The discourse of Big Data is for Everyone highlights that an important part of sharing the benefits broadly and equitably is for everyone to get involved in some way. We know from the adoption literature discussed early in this paper that adoption of new technology and behaviour on farm is not necessarily an easy process, nor is it a ‘one size fits all’ scenario. So, there are definitely complexities in maximising participation. Nevertheless, this is still important to strive for, in order to prevent asymmetrical benefits later on. Farmer networks, farmer groups, advisory networks, co-creation of big data systems and sharing of knowledge and success stories are all important to encourage (Jakku et al. 2016).

3.5 Implications for policy and practitioners

The ethical, moral and practical questions posed in this paper about the beneficiaries, risks and value propositions inherent in big data require significant discussion between the policy community, technology providers, supply chain partners, farmers and their representative organisations. The discourses presented above signal the potential for dialogue amongst stakeholders to fracture into a binary debate, or false choice, between benefits of big data as concentrated amongst ‘the few’, or, as available to ‘the many’ farming enterprises in the grains sector. Instead, inclusive negotiation is required around the rules and norms both explicit and implicit in the emergence of big data and this active dialogue will enable the creation of discourse options to open up ‘between’ the binary positions we outline. Some priority areas of discussion could focus on the following concerns: firstly, the role that industry associations and research, development and extension (RD&E) practitioners have in linking the wider industry to the conversation; secondly, the recognition that ethics of big data is an on-going conversation where safeguards around privacy and harm need to be put in place, without compromising the need to respond to how big data and its use can change over time; thirdly, how to link with policymakers around the globe—are the same discourses relevant? If there are contrasting discourses, what are the implications? Finally, does the digital age require a re-think of how design, development and use of data are informed by society’s needs?

4 Conclusion

It’s hard to say where we’re going and how it will get there but, I’d absolutely see digital agriculture as one of the driving forces of change in industry over the next ten years. (Grower group 3)

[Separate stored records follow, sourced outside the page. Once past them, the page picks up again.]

-- ===== src/Handler/Submit.antt =====
-- executeDpaTransaction(), the function of the queue's worker, and sendRequest().
use clibdpa.Base.{
  ℕ, ◌+◌, ◌%◌, Bool, false, List, [], ◌∷◌, ◌++◌, Option, none, some, if◌then◌else◌, ltb, ◌==◌,
  length, get_elem?, set,
}
use clibdpa.Base.Int.{ℤ}
use clibdpa.Message.{DpaMessage, get_length}
use clibdpa.Message.Contents.{contents}
use clibdpa.ErrorCode.{value, trn_error_iface_queue_full}
use clibdpa.TaskQueue.{push_to_queue, stop_queue, size}
use clibdpa.Transaction.Types.{Transaction}
use clibdpa.Transaction.Create.{create}
use clibdpa.Transaction.Execute.{begin, cycles, abort}
use clibdpa.Handler.Types.{Handler}

abbrev pub queue_max_len : ℕ
queue_max_len = 16

module _ {H : Type 0} where
  -- A new transaction with the settings of the handler, in the store.
  unfoldable pub make_transaction : Handler H → DpaMessage → ℤ → ℤ → ℕ → Handler H × ℕ
  make_transaction h request timeout default_error now = (
    record h {
      store =
          h.store
          ++ create request h.m_rf_mode h.m_timing_params h.m_default_timeout timeout default_error
              h.ids now
            ∷ [];
      ids = (h.ids + 1) % 4294967296;
    },
    length h.store,
  )

  -- executeDpaTransaction(request, timeout, defaultError): the reference that it returns. A request
  -- with no byte gets a transaction that is not queued.
  unfoldable pub execute_dpa_transaction : Handler H → DpaMessage → ℤ → ℤ → ℕ → Handler H × ℕ
  unfolding make_transaction push_to_queue
  execute_dpa_transaction h request timeout default_error now =
      let (h', ptr) = make_transaction h request timeout default_error now in
      if get_length request == 0 then (h', ptr) else (
        record h' { m_dpa_transaction_queue = (push_to_queue h.m_dpa_transaction_queue ptr).0 },
        ptr,
      )

-- sendRequest(request). The channel `send_to` works on the world `W` and answers whether it threw; the
-- exception is caught and traced, and so the functor never throws.
unfoldable pub send_request : {W : Type 0} → (List ℕ → W → W × Bool) → DpaMessage → W → W × Bool
send_request send_to request w = ((send_to (contents request) w).0, false)

-- The error that the worker enforces on a transaction, with so many others in the queue.
abbrev pub enforced_error : ℕ → Transaction → ℤ
enforced_error waiting t =
    if ltb waiting queue_max_len then t.m_default_error else value trn_error_iface_queue_full

-- The first statement of the processing function of the queue.
abbrev pub take_pending : {H : Type 0} → Handler H → ℕ → Handler H
take_pending h ptr = record h { m_pending_transaction = some ptr }

module _ {H W : Type 0} (send_to : List ℕ → W → W × Bool) where
  -- execute() of the pending transaction with an enforced error, up to its first wait or its end. `none`
  -- is a reference that the store does not have, or a loop that outruns the fuel.
  unfoldable pub begin_transaction : ℕ → Handler H → ℕ → ℤ → W → Option (Handler H × W)
  begin_transaction fuel h ptr error w = elim (get_elem? h.store ptr) [
    | none ↦ none
    | some t ↦ elim (begin (send_request send_to) fuel t error w) [
      | none ↦ none
      | some (t', w') ↦ some (record h { store = set h.store ptr t' }, w')
    ]
  ]

  -- The processing function of the queue without anything in between: the pending transaction is set, the
  -- size of the queue chooses the error, and execute() begins.
  unfoldable pub process_transaction : ℕ → Handler H → ℕ → W → Option (Handler H × W)
  unfolding begin_transaction
  process_transaction fuel h ptr w = elim (get_elem? h.store ptr) [
    | none ↦ none
    | some t ↦
        begin_transaction fuel (take_pending h ptr) ptr
          (enforced_error (size h.m_dpa_transaction_queue) t) w
  ]

module _ {H : Type 0} where
  -- The worker's execute() behind a wait on the pending transaction.
  unfoldable pub resume_transaction : ℕ → Handler H → ℕ → Bool → Option (Handler H)
  resume_transaction fuel h ptr expired = elim (get_elem? h.store ptr) [
    | none ↦ none
    | some t ↦ elim (cycles fuel t expired) [
      | none ↦ none
      | some t' ↦ some (record h { store = set h.store ptr t' })
    ]
  ]

  -- The destructor, up to the end of the queue's thread.
  unfoldable pub shut_down : Handler H → Handler H
  unfolding stop_queue
  shut_down h =
      let stopped = record h { m_dpa_transaction_queue = stop_queue h.m_dpa_transaction_queue } in
      elim h.m_pending_transaction [
        | none ↦ stopped
        | some ptr ↦ elim (get_elem? h.store ptr) [
          | none ↦ stopped
          | some t ↦ record stopped { store = set h.store ptr (abort t) }
        ]
      ]
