-- ===== src/Example.antt =====
-- The program DpaExamples/Example.cpp, a client of the library: it sets a handler up and pulses a LED in
-- rounds, and counts the rounds in which it failed. Not modelled: its configuration of the SPI device,
-- and what it prints and traces. An int counter of rounds of a second each does not come to its end.
pub mod Round
mod Tests
use Prim.Native.String.{String}
use clibdpa.Base.{
  ℕ, ◌+◌, ◌||◌, not, List, [], ◌∷◌, Option, none, some, if◌then◌else◌, ◌==◌, ok, err,
}
use clibdpa.Base.Int.{pos}
use clibdpa.Protocol.{pnum_ledr, cmd_led_pulse, hwpid_do_not_check, sizeof_iface_header}
use clibdpa.Message.{DpaMessage, empty, set_length, get_length, response_code_field}
use clibdpa.Packet.Access.{set_member}
use clibdpa.Packet.Members.{in_request}
use clibdpa.Timing.{TimingParams, std}
use clibdpa.TransactionResult.{DpaTransactionResult}
use clibdpa.Handler.Types.{Handler}
use clibdpa.Handler.Registry.{register_async_message_handler}
use clibdpa.Handler.Settings.{set_rf_communication_mode, set_timing_params}
use clibdpa.Handler.Submit.{execute_dpa_transaction}

-- `frcTiming`: its OS version is an empty string, and its DPA version is not initialised.
abbrev pub frc_timing : ℕ → TimingParams
frc_timing stale = record {
  bonded_nodes = 2;
  discovered_nodes = 2;
  frc_response_time = 0x70;
  os_version = "";
  dpa_version = stale;
}

-- The settings of the new handler.
unfoldable pub set_up : {H : Type 0} → Handler H → H → ℕ → Handler H
unfolding register_async_message_handler set_rf_communication_mode set_timing_params
set_up h asynchronous_message_handler stale =
    set_timing_params
      (set_rf_communication_mode (register_async_message_handler h "" asynchronous_message_handler)
        std)
      (frc_timing stale)

-- `dpaRequest.DpaPacket().DpaRequestPacket_t.name = value`
abbrev assign_member : Option DpaMessage → String → ℕ → Option DpaMessage
assign_member m name value = elim m [
  | none ↦ none
  | some request ↦ set_member request (in_request name) value
]

-- `dpaRequest`
unfoldable pub pulse_request : Option DpaMessage
unfolding set_member set_length empty
pulse_request =
    let addressed = assign_member (some empty) "NADR" 0x01 in
    let peripheral = assign_member addressed "PNUM" pnum_ledr in
    let commanded = assign_member peripheral "PCMD" cmd_led_pulse in
    elim (assign_member commanded "HWPID" hwpid_do_not_check) [
      | none ↦ none
      | some request ↦ elim (set_length request (pos sizeof_iface_header)) [
        | err e ↦ none
        | ok request' ↦ some request'
      ]
    ]

-- The start of a round: the request is built and executed, with a timeout of 1 s.
unfoldable pub begin_round : {H : Type 0} → Handler H → ℕ → Option (Handler H × ℕ)
unfolding pulse_request execute_dpa_transaction
begin_round h now = elim pulse_request [
  | none ↦ none
  | some request ↦ some (execute_dpa_transaction h request (pos 1000) (pos 0) now)
]

-- The end of a round: the counter of failed rounds.
unfoldable pub end_round : ℕ → DpaTransactionResult → ℕ
unfolding response_code_field
end_round counter res =
    if not (response_code_field res.m_response == 0) || get_length res.m_response == 0
    then counter + 1
    else counter
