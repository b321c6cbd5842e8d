-- ===== src/Transaction/Receive.antt =====
-- processReceivedMessage() of DpaTransaction2.
use clibdpa.Base.{
  ℕ, ◌%◌, Bool, true, false, not, ◌&&◌, ◌==◌, if◌then◌else◌, ltb, leb, Result, ok, err, logic_error,
}
use clibdpa.Base.Int.{ℤ, negsuc, to_i8, to_u32}
use clibdpa.Base.Bytes.{low_byte, clear_bit7}
use clibdpa.Protocol.{broadcast_address}
use clibdpa.Message.{
  DpaMessage, MessageType, request, notification, response, message_direction, node_address,
  peripheral_type, peripheral_command, byte_at, get_length,
}
use clibdpa.Timing.{estimate_timeout, response_data_length}
use clibdpa.TransactionResult.{set_confirmation, set_response}
use clibdpa.Transaction.Types.{
  TransferState, sent_coordinator, confirmation, confirmation_broadcast, received_response,
  processed, Transaction, request_of,
}

-- The fields Hops, TimeSlotLength and HopsResponse of `DpaResponsePacket_t.DpaMessage.IFaceConfirmation`.
abbrev pub iface_hops : DpaMessage → ℕ
iface_hops m = byte_at m 8

abbrev pub iface_timeslot : DpaMessage → ℕ
iface_timeslot m = byte_at m 9

abbrev pub iface_hops_response : DpaMessage → ℕ
iface_hops_response m = byte_at m 10

-- The conversion of an int8_t member to a uint8_t argument.
abbrev pub to_u8 : ℤ → ℕ
to_u8 a = to_u32 a % 256

abbrev pub is_sent_coordinator : TransferState → Bool
is_sent_coordinator sent_coordinator = true
is_sent_coordinator _ = false

-- The message matches the request: address, peripheral, and command but for the response bit.
unfoldable pub answers : DpaMessage → DpaMessage → Bool
answers received sent =
    node_address received == node_address sent
    && peripheral_type received == peripheral_type sent
    && clear_bit7 (peripheral_command received) == peripheral_command sent

-- The estimate from the members, for a data length.
abbrev pub estimated_time_ms : Transaction → ℤ → ℕ
estimated_time_ms t len =
    estimate_timeout t.m_current_communication_mode t.m_current_timing_params (to_u8 t.m_hops)
      (to_u8 t.m_timeslot_length) (to_u8 t.m_hops_response) len

-- The new expected duration after a confirmation with an estimate.
abbrev pub confirmed_duration : Transaction → ℕ → ℕ
confirmed_duration t estimated =
    if ltb 0 estimated
    then (if leb t.m_user_timeout_ms estimated then estimated else t.m_user_timeout_ms)
    else t.m_expected_duration_ms

-- The branch for a confirmation.
unfoldable pub process_confirmation : Transaction → DpaMessage → ℕ → Transaction
process_confirmation t received now =
    let saved = record t {
      m_state =
          if low_byte (node_address received) == broadcast_address
          then confirmation_broadcast
          else confirmation;
      m_hops = to_i8 (iface_hops received);
      m_timeslot_length = to_i8 (iface_timeslot received);
      m_hops_response = to_i8 (iface_hops_response received);
    } in
    record saved {
      m_expected_duration_ms = confirmed_duration saved (estimated_time_ms saved (negsuc 0));
      m_dpa_transaction_result = set_confirmation t.m_dpa_transaction_result received now;
    }

-- The state and the expected duration after a response.
unfoldable pub await_response : Transaction → DpaMessage → Transaction
await_response t received =
    if is_sent_coordinator t.m_state
    then record t { m_state = processed }
    else if not t.m_infinit_timeout
    then (let estimated = estimated_time_ms t (response_data_length (get_length received)) in
        record t {
          m_expected_duration_ms = estimated;
          m_state = if estimated == 0 then processed else received_response;
        })
    else record t { m_state = processed }

-- The branch for a response.
unfoldable pub process_response : Transaction → DpaMessage → ℕ → Transaction
unfolding await_response
process_response t received now = record (await_response t received) {
  m_dpa_transaction_result = set_response t.m_dpa_transaction_result received now;
}

abbrev pub dispatch : MessageType → Transaction → DpaMessage → ℕ → Result Transaction
dispatch request t received now = err logic_error
dispatch notification t received now = err logic_error
dispatch MessageType.confirmation t received now =
    if answers received (request_of t)
    then ok (process_confirmation t received now)
    else err logic_error
dispatch response t received now =
    if answers received (request_of t)
    then ok (process_response t received now)
    else err logic_error

-- processReceivedMessage(receivedMessage). The three checks against the request throw the same
-- exception class, and change nothing.
unfoldable pub process_received_message : Transaction → DpaMessage → ℕ → Result Transaction
process_received_message t received now =
    if t.m_finish then ok t else dispatch (message_direction received) t received now
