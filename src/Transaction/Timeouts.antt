-- ===== src/Transaction/Timeouts.antt =====
-- The timeouts of a new transaction against their description.
use Prim.Native.Nat.{max}
use clibdpa.Base.{
  ◌||◌, not, ◌==◌, ℕ, ◌≤◌, ◌<◌, ◌≡◌, Bool, false, ◌&&◌, if◌then◌else◌, arith, Bool-cases, inl, inr,
}
use clibdpa.Base.Int.{ℤ, pos, negsuc, ltb_ℤ, to_u32, ◌≤ℤ◌}
use clibdpa.Protocol.{pnum_coordinator, pnum_frc}
use clibdpa.Message.{DpaMessage, peripheral_type}
use clibdpa.Timing.{RfMode, TimingParams, bond_timeout_ms}
use clibdpa.TransactionResult
use clibdpa.Transaction.Types.{to_coordinator, request_of}
use clibdpa.Transaction.Create.{
  create, correct_timeout, coordinator_timeout, uses_bond_timeout, is_long_coordinator_command,
  is_frc_send_command,
}

-- The user's wish in ms: a negative timeout and the infinite one stand for no wish.
abbrev pub wish : ℤ → ℕ
wish (pos n) = n
wish (negsuc n) = 0

-- A bonding request to the coordinator whose timeout is left to the library.
abbrev pub is_default_bond : DpaMessage → ℤ → Bool
is_default_bond m user = to_coordinator m && uses_bond_timeout m user

wish_bounded : (user : ℤ) → user ≤ℤ pos 2147483647 → wish user < 2147483648
wish_bounded (pos n) l = omega arith
wish_bounded (negsuc n) l = omega arith

corrected :
    (m : DpaMessage) (d : ℕ) (user : ℤ)
    → 0 < d
    → d < 2147483648
    → user ≤ℤ pos 2147483647
    → (correct_timeout m (pos d) user).0 ≡ pos (max d (wish user))
unfolding correct_timeout
corrected m d (pos n) h k l = ground arith
corrected m d (negsuc n) h k l = ground arith

-- The timeouts, given the corrected one.
special :
    (m : DpaMessage) (d r : ℕ) (user : ℤ)
    → 0 < d
    → d ≤ r
    → r < 2147483648
    → let (required, expected) = coordinator_timeout m (pos d) user (pos r) in
      (to_u32 required ≡ (if is_default_bond m user then bond_timeout_ms else r))
      × (expected ≡ (if to_coordinator m then to_u32 required else d))
      × (0 < expected)
unfolding coordinator_timeout
special m d r user p h k = elim (Bool-cases (to_coordinator m)) [
  | inl e ↦ rw (e, coordinator_timeout) (ground arith)
  | inr e ↦ rw (e, coordinator_timeout) (ground arith)
]

pub create_timeouts :
    (request : DpaMessage) (mode : RfMode) (params : TimingParams) (d : ℕ) (user error : ℤ)
    (ids now : ℕ)
    → 0 < d
    → d < 2147483648
    → user ≤ℤ pos 2147483647
    → let t = create request mode params (pos d) user error ids now in
      (t.m_user_timeout_ms
        ≡ (if is_default_bond (request_of t) user then bond_timeout_ms else max d (wish user)))
      × (t.m_expected_duration_ms
          ≡ (if to_coordinator (request_of t) then t.m_user_timeout_ms else d))
      × (0 < t.m_expected_duration_ms)
unfolding create
create_timeouts request mode params d user error ids now h k l =
    rw (corrected (TransactionResult.new request now).m_request d user h k l) (
      special (TransactionResult.new request now).m_request d (max d (wish user)) user h
        (omega arith) (omega (arith, wish_bounded user l)))

-- The requests that the description of the timeouts lists for an infinite one: to the coordinator, its
-- long commands and the sending FRC commands.
abbrev pub is_long_request : DpaMessage → Bool
is_long_request m =
    to_coordinator m
    && (peripheral_type m == pnum_coordinator && is_long_coordinator_command m
        || peripheral_type m == pnum_frc && is_frc_send_command m)

abbrev pub is_other_peripheral : DpaMessage → Bool
is_other_peripheral m =
    not (peripheral_type m == pnum_coordinator) && not (peripheral_type m == pnum_frc)

-- Which requests get an infinite timeout, for every timeout of the user: a positive one is finite; a
-- negative one is infinite for exactly the long requests; the timeout 0 is infinite for the long
-- requests and also for every request to the coordinator with another peripheral than the
-- coordinator's and FRC.
infinite_timeout_cases :
    (m : DpaMessage) (d user : ℤ)
    → (correct_timeout m d user).1 ≡ (
        if ltb_ℤ (pos 0) user
        then false
        else if ltb_ℤ user (pos 0)
        then is_long_request m
        else is_long_request m || to_coordinator m && is_other_peripheral m)
unfolding correct_timeout
infinite_timeout_cases m d (pos n) = ground arith
infinite_timeout_cases m d (negsuc n) = ground arith
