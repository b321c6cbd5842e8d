-- ===== src/Transaction/Outcome.antt =====
-- What the finished transaction tells its user: when it can report success or a timeout, and that the
-- report stays.
use clibdpa.Base.{ℕ, ◌<◌, ◌≡◌, ◌⊎◌, inl, inr, refl, false, arith}
use clibdpa.Base.Int.{ℤ, pos, negsuc, eqb_ℤ→eq, ◌≤ℤ◌}
use clibdpa.Message.{DpaMessage}
use clibdpa.Timing.{RfMode, TimingParams}
use clibdpa.TransactionResult.{
  DpaTransactionResult, get_error_code, set_error_code, set_confirmation, set_response,
}
use clibdpa.Transaction.Types.{Transaction, request_of}
use clibdpa.Transaction.Create.{create}
use clibdpa.Transaction.Execute.{abort}
use clibdpa.Transaction.Matches.{IsResponseTo}
use clibdpa.Transaction.Recorded.{Reach-Recorded}
use clibdpa.Message.{copy, response_code_field}
use clibdpa.Transaction.Steps.{returned, System, Step, begins, wakes, receives, aborts, Reach}
use clibdpa.Transaction.Honesty.{IsBroadcast, code_of}
use clibdpa.Transaction.Invariant.{Inv, IsNew, Reach-Inv, receive_finished}
use clibdpa.Transaction.Timeouts.{create_timeouts}
use clibdpa.TransactionResult

-- The constructor makes a new transaction, for a positive default timeout.
pub create-IsNew :
    (request : DpaMessage) (mode : RfMode) (params : TimingParams) (d : ℕ) (user error : ℤ)
    (ids now : ℕ)
    → 0 < d
    → d < 2147483648
    → user ≤ℤ pos 2147483647
    → IsNew (create request mode params (pos d) user error ids now)
create-IsNew request mode params d user error ids now h k l = record {
  fresh = unfold create in refl;
  unfinished = unfold create in refl;
  no_response = unfold create in unfold TransactionResult.new in refl;
  unanswered = unfold create in unfold TransactionResult.new in refl;
  paced = (create_timeouts request mode params d user error ids now h k l).2;
}

-- A response to the request with the response code 0 is recorded, as a copy of what arrived.
pub record Succeeded (q : DpaMessage) (t : Transaction) : Type 0 where
  pub received : DpaMessage
  pub responds : IsResponseTo q received
  pub code : response_code_field received ≡ 0
  pub stored : t.m_dpa_transaction_result.m_response ≡ copy received

get_error_code-response :
    (r : DpaTransactionResult) → get_error_code r ≡ pos 0 → r.m_response_code ≡ pos 0
unfolding get_error_code
get_error_code-response r h = ground (arith, eqb_ℤ→eq r.m_error_code (pos 0))

-- No false success: if execute() has returned and the user reads the code 0, then a response to the
-- request with the response code 0 arrived and is recorded, or the request was a broadcast and its
-- confirmation was recorded.
pub success_needs_answer :
    {t : Transaction} {s : System}
    → IsNew t
    → Reach t s
    → s.worker ≡ returned
    → code_of s.transaction ≡ pos 0
    → Succeeded (request_of t) s.transaction ⊎ IsBroadcast s.transaction
success_needs_answer {t} {s} n r w c =
    let v = Reach-Inv n r in
    elim (v.honest.success (v.over w) c) [
      | inl h ↦
          let a = (Reach-Recorded n.unanswered r).answered h in
          inl record {
            received = a.received;
            responds = a.responds;
            code = ground (arith, a.code, get_error_code-response _ c);
            stored = a.stored;
          }
      | inr b ↦ inr b
    ]

-- No false timeout: if execute() has returned and the user reads the timeout code, then the timeout was
-- finite, or that code was the one that the transaction was told to fail with.
pub timeout_needs_finite :
    {t : Transaction} {s : System}
    → IsNew t
    → Reach t s
    → s.worker ≡ returned
    → code_of s.transaction ≡ negsuc 0
    → (s.transaction.m_infinit_timeout ≡ false) ⊎ (s.transaction.m_default_error ≡ negsuc 0)
timeout_needs_finite {s} n r w c = let v = Reach-Inv n r in v.honest.timed_out (v.over w) c

-- The result is final: once execute() has returned, no step of any thread changes the result, and
-- execute() stays returned.
pub Step-result_final :
    {s u : System}
    → Step s u
    → Inv s
    → s.worker ≡ returned
    → (u.transaction.m_dpa_transaction_result ≡ s.transaction.m_dpa_transaction_result)
      × (u.worker ≡ returned)
unfolding abort
Step-result_final (begins fuel error threw t b e q) v w = absurd (cc (b, w))
Step-result_final (wakes fuel expired t b e q) v w = absurd (cc (b, w))
Step-result_final {s} (receives received now t e q) v w =
    ground (arith, receive_finished s.transaction received now (v.over w))
Step-result_final (aborts q) v w = ground arith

Discourse analysis revealed two opposing views of how farmers and industry stakeholders perceive big data in the grains industry in Australia: Big Data is for Big Farming and Big Data is for Everyone. The result poses questions about the future of big data for agricultural industries worldwide. We have argued the need for industry, research providers and government to consciously, transparently and inclusively choose a path for the future of big data in agriculture and subsequently to make appropriate changes in policy and finance. There remains considerable scope for adjustment and the discourses will evolve as policies and technologies change, but now is the time for industry to consider what they want big data to achieve and to work together for this outcome or outcomes. Currently, problems exist in the distribution of benefits from big data and in (often unconscious) restrictions in access to, and in implementation of, big data approaches. Each of the two discourses has aspects which are desirable for a profitable future for Australian grain producers but they present quite different scenarios and require different policies, financial and social support. Avoiding informed and proactive dialogue about what kinds of futures are plausible and desirable for the development of big data in Australian agriculture could result in serious social and economic risks being left unmitigated and unmanaged. Factors such as intensity of production and resource utilisation, level of automation, value chains and wider community perceptions sit alongside big data, and the analysis provided here makes a start to better understand the values underlying farmer perceptions and their future positioning.